3rd class: Getting you from a dataset to several plots
4th class: Lots of visualization examples, and practice going from data to chart
5th class: Line charts, Pie-charts, Box plots, Violin plots
6th class: Visualizing multivariate Data
7th class: More practice with multivariate data
8th class: Visualizing networks with Gephi
9th class: More visualization with Gephi. Visualization with Networkx
10th class: Interactive visualization with plotly
11th class: Interactive visualization with plotly
12th class: Final Project Presentation
We will spend the first 20 min of classes 5th to 9th to discuss about good and bad visualization practices, taken from research papers and from the web (as part of the course assignment).
The Visual Display of Quantitative Information
by Edward Tufte, 2001.
Interactive Data Visualization for the Web
by Scott Murray, O'Reilly Media, 2012.
Online resources and documentation provided during classes
Further information, such as the course website, assessment deadlines, office hours, contact details etc. will be given during the course.
The instructor reserves the right to modify this syllabus as deemed necessary any time during the term. Any modifications to the syllabus will be discussed with students during a class period. Students are responsible for information given in class.
In short: don't do it! You may work with friends to help guide problem solving or consult stack overflow (or similar) to work out a solution, but copying—from friends, previous students, or the Internet—is strictly prohibited. NEVER copy blindly blocks of code – we can tell immediately.
If caught cheating, you will fail this course. Ask questions in recitation and at office hours. If you're really stuck and can't get help, write as much code as you can and write comments within your code explaining where you're stuck.
By the end of the course, students will have acquired the following skills:
- Apply methods for visualization of data from a variety of fields
- Write code to create scientifically reproducible figures
- Distinguish good from bad visualizations
- Use basic principles of human perception and cognition in visualization
- Create some basic web-based interactive visualizations
- Learning to layout and visualize network data
Students are expected to attend lectures and hands-on sessions, to hand in one assignment during the course and to develop a project during the entire term.

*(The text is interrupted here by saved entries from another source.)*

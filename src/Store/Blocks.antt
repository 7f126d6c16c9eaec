-- ===== src/Store/Blocks.antt =====
-- `Store::commit_block` of coverage.rs. The writers of blocks.rs and miners.rs that it calls, over
-- tables of their own, are the parameter `Tables`.
pub mod Completion
pub mod Commit
pub mod Stale
use dashboard_quip_network.Prelude.{
  ℕ, ◌<◌, Bool, true, false, not, ◌&&◌, ◌||◌, Option, none, some, List, [], ◌∷◌, ◌++◌, any, ltb,
  ◌==◌, if◌then◌else◌, Result, ok, err, ◌>>=◌, ◌>>◌, refuse_if, is_some, is_some_and, map,
}
use dashboard_quip_network.Prelude.Texts.{same_text}
use dashboard_quip_network.Errors.{StoreError, invalid, read_only, conflicting_history}
use dashboard_quip_network.Decimal.{Text, DecimalString}
use dashboard_quip_network.Hash
use dashboard_quip_network.Hash.{BlockHash}
use dashboard_quip_network.Coverage.{Coverage, cover}
use dashboard_quip_network.Store.{
  CommitResult, applied, already_applied, stale_generation, Indexable, winners, difficulty,
  participation, authorship, same_domain, GenerationGuard, Meta, authorship_cutover, FinalizedRow,
  Db, Store, Json,
}
use dashboard_quip_network.Store.Meta.{generation, height, network, coverage, save_coverage}

-- The fields of `BlockRecord` that this transaction reads; `data` is the rest.
pub record Winner (D : Type 0) : Type 0 where
  pub substrate_block_number : DecimalString
  pub substrate_block_hash : BlockHash
  pub finalized : Bool
  pub details : D

pub data DifficultySource : Type 0 where
  block poll : DifficultySource

pub record Difficulty (D : Type 0) : Type 0 where
  pub observed_at_block : DecimalString
  pub source : DifficultySource
  pub details : D

pub record AuthorshipRecord : Type 0 where
  pub account_id : Text
  pub block_number : DecimalString
  pub timestamp : ℕ
  pub had_winner : Bool

-- The record tables: a writer returns the tables and the number of rows it wrote.
pub record Tables : Type 1 where
  pub Rows : Type 0
  pub WinnerDetails : Type 0
  pub DifficultyDetails : Type 0
  pub Participant : Type 0
  pub write_winner : Winner WinnerDetails → Rows → Result StoreError (Rows × ℕ)
  pub write_difficulty : Difficulty DifficultyDetails → Rows → Result StoreError (Rows × ℕ)
  pub write_authorship : AuthorshipRecord → Rows → Result StoreError (Rows × ℕ)
  pub write_participant : Participant → Rows → Result StoreError (Rows × ℕ)
  pub recompute : Rows → Result StoreError Rows
  -- what `reindex` leaves of the tables when it drops the rows of a domain
  pub drop_domain : Indexable → Rows → Rows
  -- the hashes that the table `blocks` holds at a substrate height
  pub hashes_at : Text → Rows → List Text

-- The guards that `BTreeMap::insert` finds taken.
unfoldable pub guarded : List GenerationGuard → Indexable → Bool
guarded gs i = any (λ g. same_domain g.indexable i) gs

unfoldable pub duplicate_guard : List GenerationGuard → Bool
duplicate_guard [] = false
duplicate_guard (g ∷ gs) = guarded gs g.indexable || duplicate_guard gs

unfoldable pub stale_guard : Meta → List GenerationGuard → Bool
stale_guard meta gs = any (λ g. not (generation meta g.indexable == g.expected)) gs

unfoldable pub insert_finalized : Text → Text → List FinalizedRow → List FinalizedRow
insert_finalized h x rows =
    if any (λ r. same_text r.height h) rows then rows else record { height = h; hash = x } ∷ rows

-- The hashes that dashboard_finalized holds at a height.
unfoldable pub finalized_at : Text → List FinalizedRow → List Text
finalized_at h [] = []
finalized_at h (r ∷ rows) =
    let rest = finalized_at h rows in if same_text r.height h then r.hash ∷ rest else rest

module _ (codec : Json) (now : Text) (n : ℕ) where
  -- The loop over `batch.completed`: whether some coverage changed, and the new `meta`.
  unfoldable pub complete : List Indexable → Meta → Result StoreError (Meta × Bool)
  complete [] meta = ok (meta, false)
  complete (i ∷ is) meta = do
    cov ← coverage codec meta i (if same_domain i authorship then n else 0)
    (changed, cov') ← cover now cov n n
    (meta', later) ← complete is (if changed then save_coverage codec i cov' meta else meta)
    ok (meta', changed || later)

module _ (tables : Tables) where
  open tables use {
    Rows, WinnerDetails, DifficultyDetails, Participant, write_winner, write_difficulty,
    write_authorship, write_participant, recompute, hashes_at,
  }

  pub record BlockRecords : Type 0 where
    pub winner : Option (Winner WinnerDetails)
    pub difficulty : Option (Difficulty DifficultyDetails)
    pub authorship : Option AuthorshipRecord
    pub participation : List Participant

  pub record BlockCommit : Type 0 where
    pub genesis : BlockHash
    pub hash : BlockHash
    pub height : DecimalString
    pub guards : List GenerationGuard
    pub records : BlockRecords
    pub completed : List Indexable

  abbrev one_if : Bool → Indexable → List Indexable
  one_if test i = if test then i ∷ [] else []

  abbrev is_empty {ℓ} : {A : Type ℓ} → List A → Bool
  is_empty [] = true
  is_empty (x ∷ xs) = false

  unfoldable pub affected : BlockCommit → List Indexable
  affected b =
      b.completed
      ++ one_if (is_some b.records.winner) winners
      ++ one_if (is_some b.records.difficulty) difficulty
      ++ one_if (is_some b.records.authorship) authorship
      ++ one_if (not (is_empty b.records.participation)) participation

  -- The test that every record and completion has a guard.
  unfoldable pub unguarded : BlockCommit → Bool
  unguarded b = is_empty (affected b) || any (λ i. not (guarded b.guards i)) (affected b)

  -- The hashes that the store holds for the height of the batch, from either table.
  unfoldable pub existing_hashes : BlockCommit → Db Rows → List Text
  existing_hashes b db = finalized_at b.height.text db.finalized ++ hashes_at b.height.text db.rows

  abbrev is_poll : DifficultySource → Bool
  is_poll poll = true
  is_poll block = false

  -- The three provenance checks; heights compare as text, hashes by their bytes.
  unfoldable pub check_provenance : BlockCommit → Result StoreError (Unit {0})
  check_provenance b = do
    refuse_if
        (is_some_and b.records.winner (λ w.
          not (same_text w.substrate_block_number.text b.height.text)
          || not (Hash.eq w.substrate_block_hash b.hash)
          || not w.finalized))
        (invalid "winner provenance does not match finalized commit")
    refuse_if
        (is_some_and b.records.difficulty
          (λ d. not (same_text d.observed_at_block.text b.height.text) || is_poll d.source))
        (invalid "difficulty provenance does not match commit")
    refuse_if
        (is_some_and b.records.authorship (λ a. not (same_text a.block_number.text b.height.text)))
        (invalid "authorship height does not match commit")

  -- A write of an optional record; `changed |= written > 0`.
  unfoldable pub write_option {ℓ} :
      {A : Type ℓ}
      → (A → Rows → Result StoreError (Rows × ℕ))
      → Option A
      → Rows × Bool
      → Result StoreError (Rows × Bool)
  write_option write none st = ok st
  write_option write (some a) (rows, changed) = do
    (rows', written) ← write a rows
    ok (rows', changed || ltb 0 written)

  unfoldable pub write_participants :
      List Participant → Rows × Bool → Result StoreError (Rows × Bool)
  write_participants [] st = ok st
  write_participants (p ∷ ps) (rows, changed) = do
    (rows', written) ← write_participant p rows
    write_participants ps (rows', changed || ltb 0 written)

  unfoldable pub write_records : BlockRecords → Rows → Result StoreError (Rows × Bool)
  write_records r rows = do
    after_winner ← write_option write_winner r.winner (rows, false)
    after_difficulty ← write_option write_difficulty r.difficulty after_winner
    after_authorship ← write_option write_authorship r.authorship after_difficulty
    write_participants r.participation after_authorship

  -- The authorship totals follow the facts once the cutover is recorded.
  unfoldable pub recompute_after : BlockCommit → Meta → Rows → Result StoreError Rows
  recompute_after b meta rows =
      if is_some b.records.authorship
        && is_some_and (meta authorship_cutover) (λ v. same_text v (b'1' ∷ []))
      then recompute rows
      else ok rows

  module _ (codec : Json) (now : Text) where
    -- The transaction behind the guards, to COMMIT.
    unfoldable pub apply_block :
        BlockCommit → ℕ → Store Rows → Result StoreError (CommitResult × Store Rows)
    apply_block b n s = do
      refuse_if (any (λ x. not (same_text x b.hash.text)) (existing_hashes b s.db))
          (conflicting_history b.height.text)
      check_provenance b
      (rows, written) ← write_records b.records s.db.rows
      (meta, covered) ← complete codec now n b.completed s.db.meta
      rows' ← recompute_after b meta rows
      ok (
        if written || covered then applied else already_applied,
        record s {
          db = record (s.db) {
            meta = meta;
            rows = rows';
            finalized = insert_finalized b.height.text b.hash.text s.db.finalized;
          };
        },
      )

    unfoldable pub commit_block :
        BlockCommit → Store Rows → Result StoreError (CommitResult × Store Rows)
    commit_block b s = do
      refuse_if (not s.writer) read_only
      refuse_if (duplicate_guard b.guards) (invalid "duplicate generation guard")
      refuse_if (unguarded b) (invalid "every record and completion requires a guard")
      n ← height b.height
      network s.db.meta b.genesis
      if stale_guard s.db.meta b.guards then ok (stale_generation, s) else apply_block b n s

- Attendance of the classes and hands-on sessions: 30% of the final grade
- Assignment(s): 30% of the final grade
- Final project: 40% of the final grade
For the final project, students will have to apply and show proficiency with the principles and tools used during the course. A few options for projects will be suggested in class.
To satisfy the prerequisites
This course has a focus on data visualization for research. As such, we mostly use a programming language, Python, to create reproducible figures and interactive plots. With one exception (Gephi), we make no use of programs with a Graphical User Interface, like those available with spreadsheets. Since we need to pick one programming language for the course, we require students to prove proficiency with Python before the course starts, in one of the following ways:
a) Take for grade or audit the course MATH 5016 “Scientific Python”, given during the first six weeks of the term. Please note that space is limited in the course and you might not be able to enter the regular list. In this case please consider option b.
b) Take a MOOC course on programming with Python and show the certificate.
c) Show and discuss a project you developed in Python. Projects from someone else (web, friend, previous students) are not considered.
If you use options b) or c): if there is a waiting list for the course, the certificate or the project must be shown before the beginning of the term to hold a place among the regular attendees. If there is no waiting list, it is fine to provide the certificate or show your previous project before the course begins (November 2nd). However, the instructor holds no responsibility in case you do not satisfy the prerequisite and need to drop the course.